Materials and Methods:

Healthy subjects were studied before (T0) and at different intervals (T1 and T2) after anodal, cathodal, and sham tsDCS (20′, 2.0 mA) applied over the thoracic spinal cord (T10–T12). We assessed changes in cSP, SICI (interstimulus interval, ISI = 3 ms) and ICF (ISI = 10 ms). Motor-evoked potentials (MEPs) were recorded from first digital interosseus (FDI) and tibialis anterior (TA) muscles.


Cathodal tsDCS increased MEP amplitudes at interstimulus interval of 3 ms, while anodal one elicited opposite effects (FDI: p = 0.0023; TA: p = 0.0004); conversely, tsDCS left MEP amplitudes unchanged at ISI of 10 ms (FDI: p = 0.39; TA: p = 0.45). No significant change in cSP duration was found from upper limb (p = 0.81) and lower limb (p = 0.33).

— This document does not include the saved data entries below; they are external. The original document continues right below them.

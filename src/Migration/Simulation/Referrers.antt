-- ===== src/Migration/Simulation/Referrers.antt =====
-- Foreign keys to rows that are to go, in the catalog's tables (alembic/versions) and by
-- Schema.Table.
use balotly_backend.Base.{
  ℕ, Option, none, some, Bool, true, ◌≡◌, refl, List, [], ◌∷◌, map, arith, string_eq, if◌then◌else◌,
}
use balotly_backend.Schema.Table.{any, remove, is_doomed}
use balotly_backend.Schema.Statements.{set_null}
use balotly_backend.Migration.Conditions.{Row, key, null}
use balotly_backend.Migration.Cells.{maybe}
use balotly_backend.Migration.Execution.{refers, keys_of}
use balotly_backend.Migration.Operations.{migrate, apply}
use balotly_backend.Migration.Revision.{upgrade}
use balotly_backend.Migration.Revision.Roundtrip.{upgraded, catalog_of}
use balotly_backend.Migration.Revision.Accounts.{users}
use balotly_backend.Migration.Revision.Contests.{contests, categories, candidates, vote_packages}
use balotly_backend.Migration.Revision.Payments.{subaccounts, transactions, votes, settlements}
use balotly_backend.Migration.Refinement.Targets.{linked_organizations}

module _ {R : Type 0} (cells : R → Row) (key_of : R → ℕ)
    (keyed : (r : R) → cells r "id" ≡ key (key_of r)) (chosen : Row → Bool)
    (doomed : R → Bool) where
  pub refers_sound :
      (rs : List R) (k : ℕ)
      → ((r : R) → chosen (cells r) ≡ true → doomed r ≡ true)
      → refers chosen (map cells rs) (key k) ≡ true
      → is_doomed key_of doomed rs k ≡ true
  refers_sound [] k f h = cc
  refers_sound (r ∷ rs) k f h = ground (arith, keyed r, f r, refers_sound rs k f)

  pub refers_complete :
      (rs : List R) (k : ℕ)
      → ((r : R) → doomed r ≡ true → chosen (cells r) ≡ true)
      → is_doomed key_of doomed rs k ≡ true
      → refers chosen (map cells rs) (key k) ≡ true
  refers_complete [] k f h = cc
  refers_complete (r ∷ rs) k f h = ground (arith, keyed r, f r, refers_complete rs k f)

  module _ (same : (r : R) → chosen (cells r) ≡ doomed r) where
    pub refers-map :
        (rs : List R) (k : ℕ) → refers chosen (map cells rs) (key k) ≡ is_doomed key_of doomed rs k
    refers-map [] k = refl
    refers-map (r ∷ rs) k = ground (arith, keyed r, same r, refers-map rs k)

    pub any-chosen : (rs : List R) → any chosen (map cells rs) ≡ any doomed rs
    any-chosen [] = refl
    any-chosen (r ∷ rs) = ground (arith, same r, any-chosen rs)

    pub remove-map : (rs : List R) → remove chosen (map cells rs) ≡ map cells (remove doomed rs)
    remove-map [] = refl
    remove-map (r ∷ rs) = ground (arith, same r, remove-map rs)

    -- SET NULL of one cell.
    pub nulled :
        (rs : List R) (o : Option ℕ)
        → (if refers chosen (map cells rs) (maybe key o) then null else maybe key o)
          ≡ maybe key (set_null key_of doomed rs o)
    nulled rs none = refl
    nulled rs (some k) = ground (arith, refers-map rs k)

pub organization_keys : keys_of upgraded "organizations" ≡ linked_organizations.foreign_keys
unfolding upgraded catalog_of upgrade migrate apply string_eq
organization_keys = refl

pub user_keys : keys_of upgraded "users" ≡ users.foreign_keys
unfolding upgraded catalog_of upgrade migrate apply string_eq
user_keys = refl

pub contest_keys : keys_of upgraded "contests" ≡ contests.foreign_keys
unfolding upgraded catalog_of upgrade migrate apply string_eq
contest_keys = refl

pub category_keys : keys_of upgraded "categories" ≡ categories.foreign_keys
unfolding upgraded catalog_of upgrade migrate apply string_eq
category_keys = refl

pub candidate_keys : keys_of upgraded "candidates" ≡ candidates.foreign_keys
unfolding upgraded catalog_of upgrade migrate apply string_eq
candidate_keys = refl

pub vote_package_keys : keys_of upgraded "vote_packages" ≡ vote_packages.foreign_keys
unfolding upgraded catalog_of upgrade migrate apply string_eq
vote_package_keys = refl

pub subaccount_keys : keys_of upgraded "subaccounts" ≡ subaccounts.foreign_keys
unfolding upgraded catalog_of upgrade migrate apply string_eq
subaccount_keys = refl

pub transaction_keys : keys_of upgraded "transactions" ≡ transactions.foreign_keys
unfolding upgraded catalog_of upgrade migrate apply string_eq
transaction_keys = refl

pub vote_keys : keys_of upgraded "votes" ≡ votes.foreign_keys
unfolding upgraded catalog_of upgrade migrate apply string_eq
vote_keys = refl

pub settlement_keys : keys_of upgraded "settlements" ≡ settlements.foreign_keys
unfolding upgraded catalog_of upgrade migrate apply string_eq
settlement_keys = refl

tsDCS modulates inhibitory GABA(A)ergic drive, as assessed by SICI, without interfering with cSP and ICF. The possibility to interfere with cortical processing makes tsDCS a useful approach to modulate spinal drive through nonspinal mechanisms. tsDCS could also represent an early rehabilitation strategy in patients with acute brain lesions, when other noninvasive brain stimulation (NIBS) tools are not indicated due to safety concerns, as well as in the treatment of spinal diseases or pain syndromes.